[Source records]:
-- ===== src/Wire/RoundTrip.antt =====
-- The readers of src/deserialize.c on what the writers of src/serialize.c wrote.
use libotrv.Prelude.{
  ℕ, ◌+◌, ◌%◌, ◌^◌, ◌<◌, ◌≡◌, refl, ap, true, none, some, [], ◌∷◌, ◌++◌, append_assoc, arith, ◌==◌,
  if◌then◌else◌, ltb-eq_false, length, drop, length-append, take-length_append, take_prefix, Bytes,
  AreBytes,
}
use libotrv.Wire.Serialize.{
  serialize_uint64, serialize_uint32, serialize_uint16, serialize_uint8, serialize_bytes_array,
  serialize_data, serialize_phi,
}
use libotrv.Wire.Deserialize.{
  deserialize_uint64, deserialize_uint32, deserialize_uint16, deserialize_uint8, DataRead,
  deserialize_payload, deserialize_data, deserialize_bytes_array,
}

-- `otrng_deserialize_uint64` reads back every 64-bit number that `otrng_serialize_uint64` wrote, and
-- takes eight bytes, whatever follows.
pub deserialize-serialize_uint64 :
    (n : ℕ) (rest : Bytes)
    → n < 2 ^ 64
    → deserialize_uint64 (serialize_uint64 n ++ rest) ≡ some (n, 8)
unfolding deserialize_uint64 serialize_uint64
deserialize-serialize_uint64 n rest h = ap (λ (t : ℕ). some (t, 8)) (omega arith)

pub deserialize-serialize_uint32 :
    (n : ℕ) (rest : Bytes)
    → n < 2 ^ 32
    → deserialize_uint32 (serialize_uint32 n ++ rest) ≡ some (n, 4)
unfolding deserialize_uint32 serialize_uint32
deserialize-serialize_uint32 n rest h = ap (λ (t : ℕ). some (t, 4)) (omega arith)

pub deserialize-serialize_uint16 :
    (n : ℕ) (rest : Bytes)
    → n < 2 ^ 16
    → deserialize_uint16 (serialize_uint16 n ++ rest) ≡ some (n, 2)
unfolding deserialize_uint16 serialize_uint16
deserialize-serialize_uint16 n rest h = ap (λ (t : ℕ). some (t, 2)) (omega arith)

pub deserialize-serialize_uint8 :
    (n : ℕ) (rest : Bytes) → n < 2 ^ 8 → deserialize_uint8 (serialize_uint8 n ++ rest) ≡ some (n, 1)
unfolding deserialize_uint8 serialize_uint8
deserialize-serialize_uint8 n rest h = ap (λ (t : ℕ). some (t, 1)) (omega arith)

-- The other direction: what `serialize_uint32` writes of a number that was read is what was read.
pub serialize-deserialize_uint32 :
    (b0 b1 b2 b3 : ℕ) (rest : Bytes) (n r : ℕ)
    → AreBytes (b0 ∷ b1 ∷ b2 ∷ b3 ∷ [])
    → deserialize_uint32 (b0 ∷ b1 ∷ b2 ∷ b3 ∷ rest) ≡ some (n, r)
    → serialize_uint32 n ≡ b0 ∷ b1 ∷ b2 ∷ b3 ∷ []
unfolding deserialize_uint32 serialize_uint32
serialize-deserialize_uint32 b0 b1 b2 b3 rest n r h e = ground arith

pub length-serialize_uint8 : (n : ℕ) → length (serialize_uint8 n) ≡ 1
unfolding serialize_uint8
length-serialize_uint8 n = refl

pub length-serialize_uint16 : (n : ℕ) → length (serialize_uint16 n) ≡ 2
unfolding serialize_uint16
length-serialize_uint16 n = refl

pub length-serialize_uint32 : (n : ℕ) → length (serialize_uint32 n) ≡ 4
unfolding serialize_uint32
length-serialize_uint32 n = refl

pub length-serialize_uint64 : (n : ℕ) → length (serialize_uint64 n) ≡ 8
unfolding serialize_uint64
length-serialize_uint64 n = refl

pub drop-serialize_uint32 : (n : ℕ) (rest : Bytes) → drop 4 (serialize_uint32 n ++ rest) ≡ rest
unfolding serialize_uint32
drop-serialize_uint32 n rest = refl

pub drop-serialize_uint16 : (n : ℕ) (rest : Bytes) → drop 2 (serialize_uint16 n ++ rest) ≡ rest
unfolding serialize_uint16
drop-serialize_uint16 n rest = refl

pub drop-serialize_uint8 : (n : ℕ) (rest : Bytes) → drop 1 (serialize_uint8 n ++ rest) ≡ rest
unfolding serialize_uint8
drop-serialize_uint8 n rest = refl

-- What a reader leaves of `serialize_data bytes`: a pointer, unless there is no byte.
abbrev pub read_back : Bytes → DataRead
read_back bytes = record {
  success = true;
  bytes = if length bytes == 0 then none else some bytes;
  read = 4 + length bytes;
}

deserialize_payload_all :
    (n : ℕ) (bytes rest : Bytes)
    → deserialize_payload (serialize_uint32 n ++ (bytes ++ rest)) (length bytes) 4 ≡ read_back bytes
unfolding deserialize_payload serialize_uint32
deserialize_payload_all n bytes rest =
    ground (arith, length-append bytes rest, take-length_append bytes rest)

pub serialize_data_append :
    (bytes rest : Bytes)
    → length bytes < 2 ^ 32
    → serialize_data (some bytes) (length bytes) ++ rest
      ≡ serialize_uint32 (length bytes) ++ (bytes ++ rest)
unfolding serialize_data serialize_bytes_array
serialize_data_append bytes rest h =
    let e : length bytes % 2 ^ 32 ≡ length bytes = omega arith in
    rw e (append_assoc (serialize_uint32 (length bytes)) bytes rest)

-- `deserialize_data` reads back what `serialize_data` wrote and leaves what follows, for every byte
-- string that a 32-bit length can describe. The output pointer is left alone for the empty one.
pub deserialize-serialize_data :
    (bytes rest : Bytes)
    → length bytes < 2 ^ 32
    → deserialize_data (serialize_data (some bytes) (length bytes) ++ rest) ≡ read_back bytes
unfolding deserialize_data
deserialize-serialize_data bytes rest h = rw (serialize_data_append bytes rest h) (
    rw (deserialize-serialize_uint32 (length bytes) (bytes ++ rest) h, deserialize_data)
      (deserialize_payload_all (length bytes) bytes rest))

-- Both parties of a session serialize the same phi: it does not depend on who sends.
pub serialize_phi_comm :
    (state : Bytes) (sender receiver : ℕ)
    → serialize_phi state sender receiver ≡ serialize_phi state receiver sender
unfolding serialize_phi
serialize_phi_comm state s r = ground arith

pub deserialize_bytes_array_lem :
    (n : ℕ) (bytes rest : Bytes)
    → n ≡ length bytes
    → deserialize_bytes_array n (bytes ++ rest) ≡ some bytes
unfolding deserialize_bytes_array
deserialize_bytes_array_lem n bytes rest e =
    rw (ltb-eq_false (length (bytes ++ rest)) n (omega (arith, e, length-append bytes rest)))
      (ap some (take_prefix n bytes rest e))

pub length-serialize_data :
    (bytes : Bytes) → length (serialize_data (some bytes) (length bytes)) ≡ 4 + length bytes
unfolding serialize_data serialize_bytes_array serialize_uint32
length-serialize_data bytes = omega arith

[PROBLEM TO WORK ON]:
An exact copy of all the entries is the required answer.

[FINAL ANSWER]:
-- ===== src/Wire/RoundTrip.antt =====
-- The readers of src/deserialize.c on what the writers of src/serialize.c wrote.
use libotrv.Prelude.{
  ℕ, ◌+◌, ◌%◌, ◌^◌, ◌<◌, ◌≡◌, refl, ap, true, none, some, [], ◌∷◌, ◌++◌, append_assoc, arith, ◌==◌,
  if◌then◌else◌, ltb-eq_false, length, drop, length-append, take-length_append, take_prefix, Bytes,
  AreBytes,
}
use libotrv.Wire.Serialize.{
  serialize_uint64, serialize_uint32, serialize_uint16, serialize_uint8, serialize_bytes_array,
  serialize_data, serialize_phi,
}
use libotrv.Wire.Deserialize.{
  deserialize_uint64, deserialize_uint32, deserialize_uint16, deserialize_uint8, DataRead,
  deserialize_payload, deserialize_data, deserialize_bytes_array,
}

-- `otrng_deserialize_uint64` reads back every 64-bit number that `otrng_serialize_uint64` wrote, and
-- takes eight bytes, whatever follows.
pub deserialize-serialize_uint64 :
    (n : ℕ) (rest : Bytes)
    → n < 2 ^ 64
    → deserialize_uint64 (serialize_uint64 n ++ rest) ≡ some (n, 8)
unfolding deserialize_uint64 serialize_uint64
deserialize-serialize_uint64 n rest h = ap (λ (t : ℕ). some (t, 8)) (omega arith)

pub deserialize-serialize_uint32 :
    (n : ℕ) (rest : Bytes)
    → n < 2 ^ 32
    → deserialize_uint32 (serialize_uint32 n ++ rest) ≡ some (n, 4)
unfolding deserialize_uint32 serialize_uint32
deserialize-serialize_uint32 n rest h = ap (λ (t : ℕ). some (t, 4)) (omega arith)

pub deserialize-serialize_uint16 :
    (n : ℕ) (rest : Bytes)
    → n < 2 ^ 16
    → deserialize_uint16 (serialize_uint16 n ++ rest) ≡ some (n, 2)
unfolding deserialize_uint16 serialize_uint16
deserialize-serialize_uint16 n rest h = ap (λ (t : ℕ). some (t, 2)) (omega arith)

pub deserialize-serialize_uint8 :
    (n : ℕ) (rest : Bytes) → n < 2 ^ 8 → deserialize_uint8 (serialize_uint8 n ++ rest) ≡ some (n, 1)
unfolding deserialize_uint8 serialize_uint8
deserialize-serialize_uint8 n rest h = ap (λ (t : ℕ). some (t, 1)) (omega arith)

-- The other direction: what `serialize_uint32` writes of a number that was read is what was read.
pub serialize-deserialize_uint32 :
    (b0 b1 b2 b3 : ℕ) (rest : Bytes) (n r : ℕ)
    → AreBytes (b0 ∷ b1 ∷ b2 ∷ b3 ∷ [])
    → deserialize_uint32 (b0 ∷ b1 ∷ b2 ∷ b3 ∷ rest) ≡ some (n, r)
    → serialize_uint32 n ≡ b0 ∷ b1 ∷ b2 ∷ b3 ∷ []
unfolding deserialize_uint32 serialize_uint32
serialize-deserialize_uint32 b0 b1 b2 b3 rest n r h e = ground arith

pub length-serialize_uint8 : (n : ℕ) → length (serialize_uint8 n) ≡ 1
unfolding serialize_uint8
length-serialize_uint8 n = refl

pub length-serialize_uint16 : (n : ℕ) → length (serialize_uint16 n) ≡ 2
unfolding serialize_uint16
length-serialize_uint16 n = refl

pub length-serialize_uint32 : (n : ℕ) → length (serialize_uint32 n) ≡ 4
unfolding serialize_uint32
length-serialize_uint32 n = refl

pub length-serialize_uint64 : (n : ℕ) → length (serialize_uint64 n) ≡ 8
unfolding serialize_uint64
length-serialize_uint64 n = refl

pub drop-serialize_uint32 : (n : ℕ) (rest : Bytes) → drop 4 (serialize_uint32 n ++ rest) ≡ rest
unfolding serialize_uint32
drop-serialize_uint32 n rest = refl

pub drop-serialize_uint16 : (n : ℕ) (rest : Bytes) → drop 2 (serialize_uint16 n ++ rest) ≡ rest
unfolding serialize_uint16
drop-serialize_uint16 n rest = refl

pub drop-serialize_uint8 : (n : ℕ) (rest : Bytes) → drop 1 (serialize_uint8 n ++ rest) ≡ rest
unfolding serialize_uint8
drop-serialize_uint8 n rest = refl

-- What a reader leaves of `serialize_data bytes`: a pointer, unless there is no byte.
abbrev pub read_back : Bytes → DataRead
read_back bytes = record {
  success = true;
  bytes = if length bytes == 0 then none else some bytes;
  read = 4 + length bytes;
}

deserialize_payload_all :
    (n : ℕ) (bytes rest : Bytes)
    → deserialize_payload (serialize_uint32 n ++ (bytes ++ rest)) (length bytes) 4 ≡ read_back bytes
unfolding deserialize_payload serialize_uint32
deserialize_payload_all n bytes rest =
    ground (arith, length-append bytes rest, take-length_append bytes rest)

pub serialize_data_append :
    (bytes rest : Bytes)
    → length bytes < 2 ^ 32
    → serialize_data (some bytes) (length bytes) ++ rest
      ≡ serialize_uint32 (length bytes) ++ (bytes ++ rest)
unfolding serialize_data serialize_bytes_array
serialize_data_append bytes rest h =
    let e : length bytes % 2 ^ 32 ≡ length bytes = omega arith in
    rw e (append_assoc (serialize_uint32 (length bytes)) bytes rest)

-- `deserialize_data` reads back what `serialize_data` wrote and leaves what follows, for every byte
-- string that a 32-bit length can describe. The output pointer is left alone for the empty one.
pub deserialize-serialize_data :
    (bytes rest : Bytes)
    → length bytes < 2 ^ 32
    → deserialize_data (serialize_data (some bytes) (length bytes) ++ rest) ≡ read_back bytes
unfolding deserialize_data
deserialize-serialize_data bytes rest h = rw (serialize_data_append bytes rest h) (
    rw (deserialize-serialize_uint32 (length bytes) (bytes ++ rest) h, deserialize_data)
      (deserialize_payload_all (length bytes) bytes rest))

-- Both parties of a session serialize the same phi: it does not depend on who sends.
pub serialize_phi_comm :
    (state : Bytes) (sender receiver : ℕ)
    → serialize_phi state sender receiver ≡ serialize_phi state receiver sender
unfolding serialize_phi
serialize_phi_comm state s r = ground arith

pub deserialize_bytes_array_lem :
    (n : ℕ) (bytes rest : Bytes)
    → n ≡ length bytes
    → deserialize_bytes_array n (bytes ++ rest) ≡ some bytes
unfolding deserialize_bytes_array
deserialize_bytes_array_lem n bytes rest e =
    rw (ltb-eq_false (length (bytes ++ rest)) n (omega (arith, e, length-append bytes rest)))
      (ap some (take_prefix n bytes rest e))

pub length-serialize_data :
    (bytes : Bytes) → length (serialize_data (some bytes) (length bytes)) ≡ 4 + length bytes
unfolding serialize_data serialize_bytes_array serialize_uint32
length-serialize_data bytes = omega arith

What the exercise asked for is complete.